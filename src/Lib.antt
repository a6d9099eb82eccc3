-- ===== src/Lib.antt =====
-- ll-34: a PDP-11/34A at the level of its microcode and PROMs (pdp11/).
--
-- The machine (pdp11/machine.c) is a processor with its memory management and interrupt
-- controller, a Unibus, and devices that register on it. The processor makes bus cycles
-- (`bus_read`, `bus_write`); the bus looks up the device that claims the address; devices ask
-- for interrupts with `int_request` and withdraw them with `int_cancel`; the BUS INIT line
-- reaches every registered receiver.
--
--  Prelude      numbers, Boolean tests, lists, masks of bits, shared by all
--  Kd11ea.Int   pdp11/kd11ea/int.c, with the PROM E29 (roms/rom_images.h, rom_wiring.h):
--               the queue is the list of its first `count` entries
--  Kd11ea.Mmu   pdp11/kd11ea/mmu.c, with the PROMs E74 to E77 and E83 of the M8265
--  Kd11ea.Decode  roms/rom_images.h and rom_wiring.h (E51, E52, E53, E62, E71, E107), with the
--               places of pdp11/kd11ea/kd11ea.c that read them, and its B register
--  Kd11ea.Ucode  the control store (roms/rom_images.h, ucode_rom.h) and the fields of a micro-word
--  Kd11ea.Alu   the 74S181 slices of pdp11/kd11ea/kd11ea.h
--  Kd11ea.Clock  pdp11/kd11ea/clockgen.c
--  Kd11ea.Micro  `kd11ea_ustep` and `kd11ea_step` of pdp11/kd11ea/kd11ea.c, in the order of the code:
--               Wires (what the micro-word selects, and the ALU), Transfer (the bus cycle), Misc (the
--               loads), Next (the next address and services), Shift (B and BX), and Step, which
--               composes them; Wiring, Roms and Gates hold rom_wiring.h, rom_images.h and bus_wiring.h
--  Unibus       pdp11/unibus/unibus.c: devices are functions on a state of their own choice
--  Unibus.Ram   pdp11/unibus/ram.c
--  Unibus.Loader  pdp11/unibus/loader.c, absolute binary tapes
--  Devices.Kw11 pdp11/kw11/kw11.c
--  Devices.Dl11 pdp11/dl11/dl11.c; the host terminal is a parameter
--  Devices.Pc11 pdp11/pc11/pc11.c; a tape is a list of characters
--  Devices.Rk11 pdp11/rk11/rk11.c; a disk is the list of the bytes of its file, and what answers
--               the controller's bus cycles is a parameter
--  Devices.Rl11 pdp11/rl11/rl11.c, with the files and the bus cycles of the RK11's model
--
-- Numbers are naturals. A register of sixteen bits keeps its masks written out; a complement
-- mask `~M` is the sixteen-bit constant. Times in nanoseconds stay below 2^64, which an
-- emulation does not reach, and do not wrap. Traces and diagnostics are left out.
--
-- The processor is a part of the state that the devices share, since its PSW and its memory
-- management are registers on the bus and devices call its interrupt controller: `Host` reads it
-- from that state and writes it back around each bus cycle.
--
-- An instruction is a loop of at most 1000 micro-cycles, as in the source, so that its fuel is the
-- source's own bound.
--
-- `refresh_loop` runs on fuel, one round for each nanosecond that the cycle could wait before
-- the next refresh; every round moves the next refresh further away than the start of the
-- cycle, so that the fuel is enough where a refresh is shorter than the refresh interval.
--
-- The loop over the blocks of a tape runs on fuel, one round for each block: a block has at least
-- six bytes, so that more fuel than the file has bytes is enough.
--
-- The loops of the disks run on the number of words left as fuel: every round that goes on moves
-- at least one. Only the loop of the write check of the RK11 need not end, and gives `none` when
-- its fuel does not last.
--
-- Not modelled: the ring of the debugger, the console, the machine as a whole, the boot ROM, the
-- text formats of the loader, and the disassembler. The
-- front ends, the logic probe, and what prints for diagnostics are left out.
pub mod Prelude
pub mod Kd11ea
pub mod Unibus
pub mod Devices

▶ **Exercise**
Please provide an exact transcription of each line from the one holding "-- the next" through the final line of the data above.

▶ **Task solution**
-- the next refresh; every round moves the next refresh further away than the start of the
-- cycle, so that the fuel is enough where a refresh is shorter than the refresh interval.
--
-- The loop over the blocks of a tape runs on fuel, one round for each block: a block has at least
-- six bytes, so that more fuel than the file has bytes is enough.
--
-- The loops of the disks run on the number of words left as fuel: every round that goes on moves
-- at least one. Only the loop of the write check of the RK11 need not end, and gives `none` when
-- its fuel does not last.
--
-- Not modelled: the ring of the debugger, the console, the machine as a whole, the boot ROM, the
-- text formats of the loader, and the disassembler. The
-- front ends, the logic probe, and what prints for diagnostics are left out.
pub mod Prelude
pub mod Kd11ea
pub mod Unibus
pub mod Devices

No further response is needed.